BEGIN

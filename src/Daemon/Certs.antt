-- ===== src/Daemon/Certs.antt =====
-- pkg/daemon/certs/certs.go: the trusted certificates of a Windows instance, which follow a bundle file.
pub mod Tokens
pub mod Store
pub mod Again
mod Tests
use Prim.Native.Char.{Char}
use Prim.Native.String.{[], ◌∷◌}
use text.Mathlib.Text.{starts_with}
use windows_machine_config_o.Common.{
  ℕ, zero, suc, String, Bool, true, false, not, ◌||◌, Option, none, some, List, [], ◌∷◌, Result, ok,
  err, ◌==◌, if◌then◌else◌, any, DeepEqual, deep_equal, List_deep_equal, String_deep_equal,
}

-- A certificate, by its raw bytes: `Equal` compares these, and all else that was parsed follows from them.
abbrev pub Cert : Type 0
Cert = String

abbrev pub end_cert_tag : String
end_cert_tag = "-----END CERTIFICATE-----"

unfoldable pub drop : ℕ → String → String
drop zero s = s
drop (suc n) [] = []
drop (suc n) (c ∷ s) = drop n s

unfoldable pub size : String → ℕ
size [] = 0
size (c ∷ s) = suc (size s)

abbrev pub put_char : Char → Option (String × String) → Option (String × String)
put_char c none = none
put_char c (some (token, rest)) = some (c ∷ token, rest)

-- `bytes.Index` with what the split function makes of it: what ends with the tag, and what follows.
unfoldable pub cut_after : String → String → Option (String × String)
unfolding drop size
cut_after tag [] = none
cut_after tag (c ∷ s) =
    let later = cut_after tag s in
    if starts_with (c ∷ s) tag then some (tag, drop (size tag) (c ∷ s)) else put_char c later

-- The tokens that the scanner finds in a whole file. The error of the split function for what follows the
-- last tag ends the scan, and is not looked at.
unfoldable pub tokens : ℕ → String → List String
unfolding cut_after
tokens zero content = []
tokens (suc n) content = elim (cut_after end_cert_tag content) [
  | none ↦ []
  | some cut ↦ cut.0 ∷ tokens n cut.1
]

pub data Pem : Type 0 where
  no_block bad_certificate : Pem
  certificate : Cert → Pem

pub data Error : Type 0 where
  open_error no_pem_data parse_error stat_error store_error import_error delete_error file_error :
      Error

-- `pem.Decode` and `x509.ParseCertificate` on one token.
module _ (decode : String → Pem) where
  unfoldable pub parse_tokens : List String → Result Error (List Cert)
  parse_tokens [] = ok []
  parse_tokens (t ∷ ts) =
      let rest = parse_tokens ts in
      elim (decode t) [
        | no_block ↦ err no_pem_data
        | bad_certificate ↦ err parse_error
        | certificate c ↦ elim rest [ err e ↦ err e | ok cs ↦ ok (c ∷ cs) ]
      ]

  -- `readCertsFromFile`, on the content of the file, or on nothing where it cannot be opened.
  unfoldable pub read_certs_from_file : Option String → Result Error (List Cert)
  unfolding tokens parse_tokens size
  read_certs_from_file none = err open_error
  read_certs_from_file (some content) = parse_tokens (tokens (size content) content)

-- The file system, and the root store.
pub record Machine : Type 1 where
  pub State : Type 0
  -- The content of a file, if it can be opened.
  pub read : String → State → Option String
  -- Whether a file exists, or nothing for an error other than that it does not.
  pub exists : String → State → Option Bool
  pub remove : String → State → State × Bool
  pub copy : String → String → State → State × Bool
  pub can_open_store : State → Bool
  pub add_cert : Cert → State → State × Bool
  pub remove_cert : Cert → State → State × Bool

abbrev pub imported_ca_bundle_file : String
imported_ca_bundle_file = "C:\\k\\imported-certs.pem"

-- `containsCert`.
abbrev pub contains_cert : List Cert → Cert → Bool
contains_cert [] target = false
contains_cert (c ∷ cs) target = elim (c == target) [ true ↦ true | false ↦ contains_cert cs target ]

module _ (m : Machine) (decode : String → Pem) where
  open m use {State, read, exists, remove, copy, can_open_store, add_cert, remove_cert}

  unfoldable pub get_expected_certs : String → State → Result Error (List Cert)
  unfolding read_certs_from_file
  get_expected_certs path s =
      if path == "" then ok [] else read_certs_from_file decode (read path s)

  unfoldable pub get_existing_certs : State → Result Error (List Cert)
  unfolding read_certs_from_file
  get_existing_certs s = elim (exists imported_ca_bundle_file s) [
    | none ↦ err stat_error
    | some false ↦ ok []
    | some true ↦ read_certs_from_file decode (read imported_ca_bundle_file s)
  ]

  unfoldable pub ensure_certs_are_imported :
      List Cert → List Cert → Bool → State → State × Result Error Bool
  ensure_certs_are_imported [] existing imported s = (s, ok imported)
  ensure_certs_are_imported (c ∷ cs) existing imported s = elim (contains_cert existing c) [
    | true ↦ ensure_certs_are_imported cs existing imported s
    | false ↦ elim (add_cert c s).1 [
      | true ↦ ensure_certs_are_imported cs existing true (add_cert c s).0
      | false ↦ ((add_cert c s).0, err import_error)
    ]
  ]

  unfoldable pub ensure_certs_are_deleted :
      List Cert → List Cert → Bool → State → State × Result Error Bool
  ensure_certs_are_deleted expected [] removed s = (s, ok removed)
  ensure_certs_are_deleted expected (c ∷ cs) removed s = elim (contains_cert expected c) [
    | true ↦ ensure_certs_are_deleted expected cs removed s
    | false ↦ elim (remove_cert c s).1 [
      | true ↦ ensure_certs_are_deleted expected cs true (remove_cert c s).0
      | false ↦ ((remove_cert c s).0, err delete_error)
    ]
  ]

  -- `reconcileCerts` behind the reading of both lists.
  unfoldable pub update_certs : List Cert → List Cert → State → State × Result Error Bool
  unfolding ensure_certs_are_imported ensure_certs_are_deleted
  update_certs expected existing s =
      if deep_equal expected existing
      then (s, ok false)
      else (if can_open_store s
          then (let (s1, imported) = ensure_certs_are_imported expected existing false s in
              elim imported [
                | err e ↦ (s1, err e)
                | ok b ↦
                    let (s2, deleted) = ensure_certs_are_deleted expected existing false s1 in
                    (s2, elim deleted [ err e ↦ err e | ok d ↦ ok (b || d) ])
              ])
          else (s, err store_error))

  unfoldable pub reconcile_certs : String → State → State × Result Error Bool
  unfolding update_certs get_expected_certs get_existing_certs
  reconcile_certs path s = elim (get_expected_certs path s) [
    | err e ↦ (s, err e)
    | ok expected ↦ elim (get_existing_certs s) [
      | err e ↦ (s, err e)
      | ok existing ↦ update_certs expected existing s
    ]
  ]

  unfoldable pub ensure_file_is_removed : String → State → State × Bool
  ensure_file_is_removed path s = elim (exists path s) [
    | none ↦ (s, false)
    | some false ↦ (s, true)
    | some true ↦ remove path s
  ]

  unfoldable pub update_imported_ca_bundle : String → Bool → State → State × Bool
  unfolding ensure_file_is_removed
  update_imported_ca_bundle path cert_change s =
      if path == ""
      then ensure_file_is_removed imported_ca_bundle_file s
      else (if cert_change then copy path imported_ca_bundle_file s else (s, true))

  -- `Reconcile`: whether certificates were changed, and whether there was no error.
  unfoldable pub reconcile : String → State → State × Bool × Bool
  unfolding reconcile_certs update_imported_ca_bundle
  reconcile path s =
      let (s1, changed) = reconcile_certs path s in
      elim changed [
        | err e ↦ (s1, false, false)
        | ok b ↦ let (s2, fine) = update_imported_ca_bundle path b s1 in (s2, b, fine)
      ]
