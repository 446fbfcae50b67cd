-- ===== src/Daemon/Certs/Again.antt =====
-- A second `Reconcile` of pkg/daemon/certs/certs.go, behind one that changed certificates.
use windows_machine_config_o.Common.{
  String, ◌≡◌, ◌≢◌, refl, sym, ap, subst, ◌∙◌, inl, inr, Bool, true, false, some, List, [], ◌∷◌, ok,
  err, ◌==◌, eq_iff, arith, Result-cases, deep_equal_iff, List_deep_equal, String_deep_equal,
}
use windows_machine_config_o.Daemon.Certs.{
  Cert, Pem, Error, Machine, get_expected_certs, get_existing_certs, ensure_certs_are_imported,
  ensure_certs_are_deleted, update_certs, reconcile_certs, imported_ca_bundle_file,
  update_imported_ca_bundle, reconcile, read_certs_from_file,
}

-- What the file system documents; the store has no part in the files.
pub record FileLaws (m : Machine) : Type 0 where
  pub add_keeps : (c : Cert) (p : String) (s : m.State) → m.read p (m.add_cert c s).0 ≡ m.read p s
  pub remove_keeps :
      (c : Cert) (p : String) (s : m.State) → m.read p (m.remove_cert c s).0 ≡ m.read p s
  pub copied :
      (p q : String) (s : m.State)
      → p ≢ q
      → (m.copy p q s).1 ≡ true
      → (m.read q (m.copy p q s).0 ≡ m.read p s)
        × (m.read p (m.copy p q s).0 ≡ m.read p s)
        × (m.exists q (m.copy p q s).0 ≡ some true)

module _ (m : Machine) (decode : String → Pem) (laws : FileLaws m) where
  open m use {State, read, exists, copy, can_open_store, add_cert, remove_cert}

  imported_read :
      (cs existing : List Cert) (imported : Bool) (s : State) (p : String)
      → read p (ensure_certs_are_imported m decode cs existing imported s).0 ≡ read p s
  unfolding ensure_certs_are_imported
  imported_read [] existing imported s p = refl
  imported_read (c ∷ cs) existing imported s p = ground (
    arith,
    imported_read cs existing imported s p,
    imported_read cs existing true (add_cert c s).0 p,
    laws.add_keeps c p s,
  )

  deleted_read :
      (expected cs : List Cert) (removed : Bool) (s : State) (p : String)
      → read p (ensure_certs_are_deleted m decode expected cs removed s).0 ≡ read p s
  unfolding ensure_certs_are_deleted
  deleted_read expected [] removed s p = refl
  deleted_read expected (c ∷ cs) removed s p = ground (
    arith,
    deleted_read expected cs removed s p,
    deleted_read expected cs true (remove_cert c s).0 p,
    laws.remove_keeps c p s,
  )

  update_certs-read :
      (expected existing : List Cert) (s : State) (p : String)
      → read p (update_certs m decode expected existing s).0 ≡ read p s
  unfolding update_certs
  update_certs-read expected existing s p =
      let s1 = (ensure_certs_are_imported m decode expected existing false s).0 in
      ground (
        arith,
        imported_read expected existing false s p,
        deleted_read expected existing false s1 p,
      )

  reconcile_certs-read :
      (path : String) (s : State) (p : String)
      → read p (reconcile_certs m decode path s).0 ≡ read p s
  unfolding reconcile_certs
  reconcile_certs-read path s p = elim (Result-cases (get_expected_certs m decode path s)) [
    | inr (x, f) ↦ rw (f, reconcile_certs) refl
    | inl (expected, f) ↦ elim (Result-cases (get_existing_certs m decode s)) [
      | inr (x, g) ↦ rw (f, reconcile_certs, g) refl
      | inl (existing, g) ↦ rw (f, reconcile_certs, g) (update_certs-read expected existing s p)
    ]
  ]

  expected_read :
      (path : String) (s : State) (b : Bool)
      → (reconcile_certs m decode path s).1 ≡ ok b
      → (expected : List Cert) × (get_expected_certs m decode path s ≡ ok expected)
  unfolding reconcile_certs
  expected_read path s b e = elim (Result-cases (get_expected_certs m decode path s)) [
    | inr (x, f) ↦ absurd (ground arith)
    | inl (expected, f) ↦ (expected, f)
  ]

  -- Where the imported file has what the bundle has, nothing is done.
  settled :
      (path : String) (s : State) (expected : List Cert)
      → path ≢ ""
      → get_expected_certs m decode path s ≡ ok expected
      → get_existing_certs m decode s ≡ ok expected
      → reconcile m decode path s ≡ (s, false, true)
  unfolding reconcile reconcile_certs update_certs update_imported_ca_bundle
  settled path s expected given f g =
      ground (arith, f, g, (deep_equal_iff expected expected).1 refl, eq_iff path "")

  copied_existing :
      (path : String) (s s1 : State) (expected : List Cert)
      → path ≢ ""
      → path ≢ imported_ca_bundle_file
      → read path s1 ≡ read path s
      → get_expected_certs m decode path s ≡ ok expected
      → (copy path imported_ca_bundle_file s1).1 ≡ true
      → let s2 = (copy path imported_ca_bundle_file s1).0 in
        (get_expected_certs m decode path s2 ≡ ok expected)
        × (get_existing_certs m decode s2 ≡ ok expected)
  unfolding get_expected_certs get_existing_certs
  copied_existing path s s1 expected given apart same f done =
      let named : (path == "") ≡ false = ground (arith, eq_iff path "") in
      let (copy_read, kept, there) = laws.copied path imported_ca_bundle_file s1 apart done in
      let from : read_certs_from_file decode (read path s) ≡ ok expected = rw named at f in
      (
        rw named (ap (read_certs_from_file decode) (kept ∙ same) ∙ from),
        rw (there, get_existing_certs) (ap (read_certs_from_file decode) (copy_read ∙ same) ∙ from),
      )

  refused :
      (path : String) (s : State) (x : Error)
      → (reconcile_certs m decode path s).1 ≡ err x
      → (reconcile m decode path s).1 ≢ true
  unfolding reconcile
  refused path s x h changed = ground (arith, h, changed)

  accepted :
      (path : String) (s : State) (b : Bool)
      → (reconcile_certs m decode path s).1 ≡ ok b
      → let last = update_imported_ca_bundle m decode path b (reconcile_certs m decode path s).0 in
        reconcile m decode path s ≡ (last.0, b, last.1)
  unfolding reconcile
  accepted path s b h = rw (h, reconcile) refl

  -- If Reconcile changes certificates for a bundle without an error, then a second Reconcile for it changes
  -- nothing and reports no change: the instance is not restarted again. The bundle has a path, and is not the
  -- file of imported certificates.
  pub reconcile_twice :
      (path : String) (s : State)
      → path ≢ ""
      → path ≢ imported_ca_bundle_file
      → (reconcile m decode path s).1 ≡ true
      → (reconcile m decode path s).2 ≡ true
      → reconcile m decode path (reconcile m decode path s).0
        ≡ ((reconcile m decode path s).0, false, true)
  unfolding update_imported_ca_bundle
  reconcile_twice path s given apart changed fine =
      elim (Result-cases (reconcile_certs m decode path s).1) [
        | inr (x, h) ↦ absurd (refused path s x h changed)
        | inl (b, h) ↦
            let s1 = (reconcile_certs m decode path s).0 in
            let named : (path == "") ≡ false = ground (arith, eq_iff path "") in
            let at : reconcile m decode path s ≡ (
              (update_imported_ca_bundle m decode path b s1).0,
              b,
              (update_imported_ca_bundle m decode path b s1).1,
            ) =
              accepted path s b h in
            let on : b ≡ true = sym (ap (λ x. x.1) at) ∙ changed in
            let second : (update_imported_ca_bundle m decode path b s1)
                ≡ copy path imported_ca_bundle_file s1 =
              rw (on, named) refl in
            let done : (copy path imported_ca_bundle_file s1).1 ≡ true =
              sym (ap (λ x. x.1) second) ∙ sym (ap (λ x. x.2) at) ∙ fine in
            let (expected, f) = expected_read path s b h in
            let (f', g') =
              copied_existing path s s1 expected given apart (reconcile_certs-read path s path) f
                done in
            let last : (reconcile m decode path s).0 ≡ (copy path imported_ca_bundle_file s1).0 =
              ap (λ x. x.0) at ∙ ap (λ x. x.0) second in
            subst (λ t. reconcile m decode path t ≡ (t, false, true)) (sym last)
              (settled path (copy path imported_ca_bundle_file s1).0 expected given f' g')
      ]
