-- ===== src/Daemon/Certs/Store.antt =====
-- What `reconcileCerts` of pkg/daemon/certs/certs.go leaves in the root store.
use windows_machine_config_o.Common.{
  String, ◌≡◌, ◌≢◌, refl, sym, ap, ◌∙◌, inl, inr, Bool, true, false, not, ◌&&◌, ◌||◌, List, [], ◌∷◌,
  ok, ◌==◌, eq_iff, if◌then◌else◌, arith, Bool-cases, Result-cases, String-cases, deep_equal,
  deep_equal_iff, List_deep_equal, String_deep_equal,
}
use windows_machine_config_o.Daemon.Certs.{
  Cert, Pem, Machine, contains_cert, get_expected_certs, get_existing_certs,
  ensure_certs_are_imported, ensure_certs_are_deleted, update_certs, reconcile_certs,
}

-- What the certificate store documents: a success has its effect, and no other certificate is touched.
pub record StoreLaws (m : Machine) : Type 0 where
  pub present : m.State → Cert → Bool
  pub added :
      (c : Cert) (s : m.State) → (m.add_cert c s).1 ≡ true → present (m.add_cert c s).0 c ≡ true
  pub add_other : (c d : Cert) (s : m.State) → c ≢ d → present (m.add_cert c s).0 d ≡ present s d
  pub removed :
      (c : Cert) (s : m.State)
      → (m.remove_cert c s).1 ≡ true
      → present (m.remove_cert c s).0 c ≡ false
  pub remove_other :
      (c d : Cert) (s : m.State) → c ≢ d → present (m.remove_cert c s).0 d ≡ present s d

module _ (m : Machine) (decode : String → Pem) (laws : StoreLaws m) where
  open m use {State, can_open_store, add_cert, remove_cert}
  open laws use {present}

  add_cert-present :
      (c d : Cert) (s : State)
      → (add_cert c s).1 ≡ true
      → present (add_cert c s).0 d ≡ ((c == d) || present s d)
  add_cert-present c d s done = elim (String-cases c d) [
    | inl same ↦
        let at = ap (present (add_cert c s).0) (sym same) ∙ laws.added c s done in
        ground (arith, eq_iff c d, same, at)
    | inr other ↦ ground (arith, eq_iff c d, laws.add_other c d s other)
  ]

  remove_cert-present :
      (c d : Cert) (s : State)
      → (remove_cert c s).1 ≡ true
      → present (remove_cert c s).0 d ≡ (not (c == d) && present s d)
  remove_cert-present c d s done = elim (String-cases c d) [
    | inl same ↦
        let at = ap (present (remove_cert c s).0) (sym same) ∙ laws.removed c s done in
        ground (arith, eq_iff c d, same, at)
    | inr other ↦ ground (arith, eq_iff c d, laws.remove_other c d s other)
  ]

  imported_present :
      (cs existing : List Cert) (imported b : Bool) (s : State) (d : Cert)
      → (ensure_certs_are_imported m decode cs existing imported s).1 ≡ ok b
      → present (ensure_certs_are_imported m decode cs existing imported s).0 d
        ≡ ((contains_cert cs d && not (contains_cert existing d)) || present s d)
  unfolding ensure_certs_are_imported
  imported_present [] existing imported b s d e = refl
  imported_present (c ∷ cs) existing imported b s d e =
      elim (Bool-cases (contains_cert existing c)) [
        | inl known ↦
            let rest = imported_present cs existing imported b s d (ground arith) in
            let at =
              λ (same : (c == d) ≡ true). ap (contains_cert existing) ((eq_iff c d).0 same) in
            ground (arith, rest, at, eq_iff c d)
        | inr new ↦ elim (Bool-cases (add_cert c s).1) [
          | inr failed ↦ absurd (ground arith)
          | inl done ↦
              let rest = imported_present cs existing true b (add_cert c s).0 d (ground arith) in
              let at =
                λ (same : (c == d) ≡ true). ap (contains_cert existing) ((eq_iff c d).0 same) in
              ground (arith, rest, at, add_cert-present c d s done)
        ]
      ]

  deleted_present :
      (expected cs : List Cert) (removed b : Bool) (s : State) (d : Cert)
      → (ensure_certs_are_deleted m decode expected cs removed s).1 ≡ ok b
      → present (ensure_certs_are_deleted m decode expected cs removed s).0 d
        ≡ (not (contains_cert cs d && not (contains_cert expected d)) && present s d)
  unfolding ensure_certs_are_deleted
  deleted_present expected [] removed b s d e = refl
  deleted_present expected (c ∷ cs) removed b s d e =
      let at = λ (same : (c == d) ≡ true). ap (contains_cert expected) ((eq_iff c d).0 same) in
      elim (Bool-cases (contains_cert expected c)) [
        | inl known ↦
            let rest = deleted_present expected cs removed b s d (ground arith) in
            ground (arith, rest, at, eq_iff c d)
        | inr stale ↦ elim (Bool-cases (remove_cert c s).1) [
          | inr failed ↦ absurd (ground arith)
          | inl done ↦
              let rest = deleted_present expected cs true b (remove_cert c s).0 d (ground arith) in
              ground (arith, rest, at, remove_cert-present c d s done)
        ]
      ]

  -- Behind a success, where the old certificates were in the store.
  abbrev wanted : List Cert → List Cert → Cert → Bool → Bool
  wanted expected existing d old =
      if contains_cert expected d then true else (if contains_cert existing d then false else old)

  update_certs-present :
      (expected existing : List Cert) (s : State) (b : Bool) (d : Cert)
      → (contains_cert existing d ≡ true → present s d ≡ true)
      → (update_certs m decode expected existing s).1 ≡ ok b
      → present (update_certs m decode expected existing s).0 d
        ≡ wanted expected existing d (present s d)
  unfolding update_certs
  update_certs-present expected existing s b d held e =
      elim (Bool-cases (deep_equal expected existing)) [
        | inl same ↦
            let eq = ap (λ l. contains_cert l d) ((deep_equal_iff expected existing).0 same) in
            ground (arith, same, eq)
        | inr differ ↦ elim (Bool-cases (can_open_store s)) [
          | inr shut ↦ absurd (ground arith)
          | inl opened ↦
              let s1 = (ensure_certs_are_imported m decode expected existing false s).0 in
              elim (Result-cases (ensure_certs_are_imported m decode expected existing false s).1) [
                | inr (x, h) ↦ absurd (ground arith)
                | inl (i, h) ↦
                    elim (Result-cases
                      (ensure_certs_are_deleted m decode expected existing false s1).1) [
                        | inr (x, k) ↦ absurd (ground arith)
                        | inl (j, k) ↦ ground (
                          arith,
                          differ,
                          opened,
                          h,
                          imported_present expected existing false i s d h,
                          deleted_present expected existing false j s1 d k,
                        )
                      ]
              ]
        ]
      ]

  -- If reconcileCerts reports no error, then each certificate of the bundle is in the store, each one that was
  -- imported before and is not in the bundle is not, and of the others those are in it that were; the imported
  -- certificates were in the store.
  pub reconcile_certs-present :
      (path : String) (s : State) (b : Bool) (expected existing : List Cert) (d : Cert)
      → get_expected_certs m decode path s ≡ ok expected
      → get_existing_certs m decode s ≡ ok existing
      → (contains_cert existing d ≡ true → present s d ≡ true)
      → (reconcile_certs m decode path s).1 ≡ ok b
      → present (reconcile_certs m decode path s).0 d ≡ (
          if contains_cert expected d
          then true
          else (if contains_cert existing d then false else present s d))
  unfolding reconcile_certs
  reconcile_certs-present path s b expected existing d f g held e =
      let e' : (update_certs m decode expected existing s).1 ≡ ok b =
        rw (f, reconcile_certs, g) at e in
      rw (f, reconcile_certs, g) (update_certs-present expected existing s b d held e')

END

* _Task directions_: Copy each line of the listing that includes "root".

* _Result of this exercise_:
-- The file system, and the root store.
-- What `reconcileCerts` of pkg/daemon/certs/certs.go leaves in the root store.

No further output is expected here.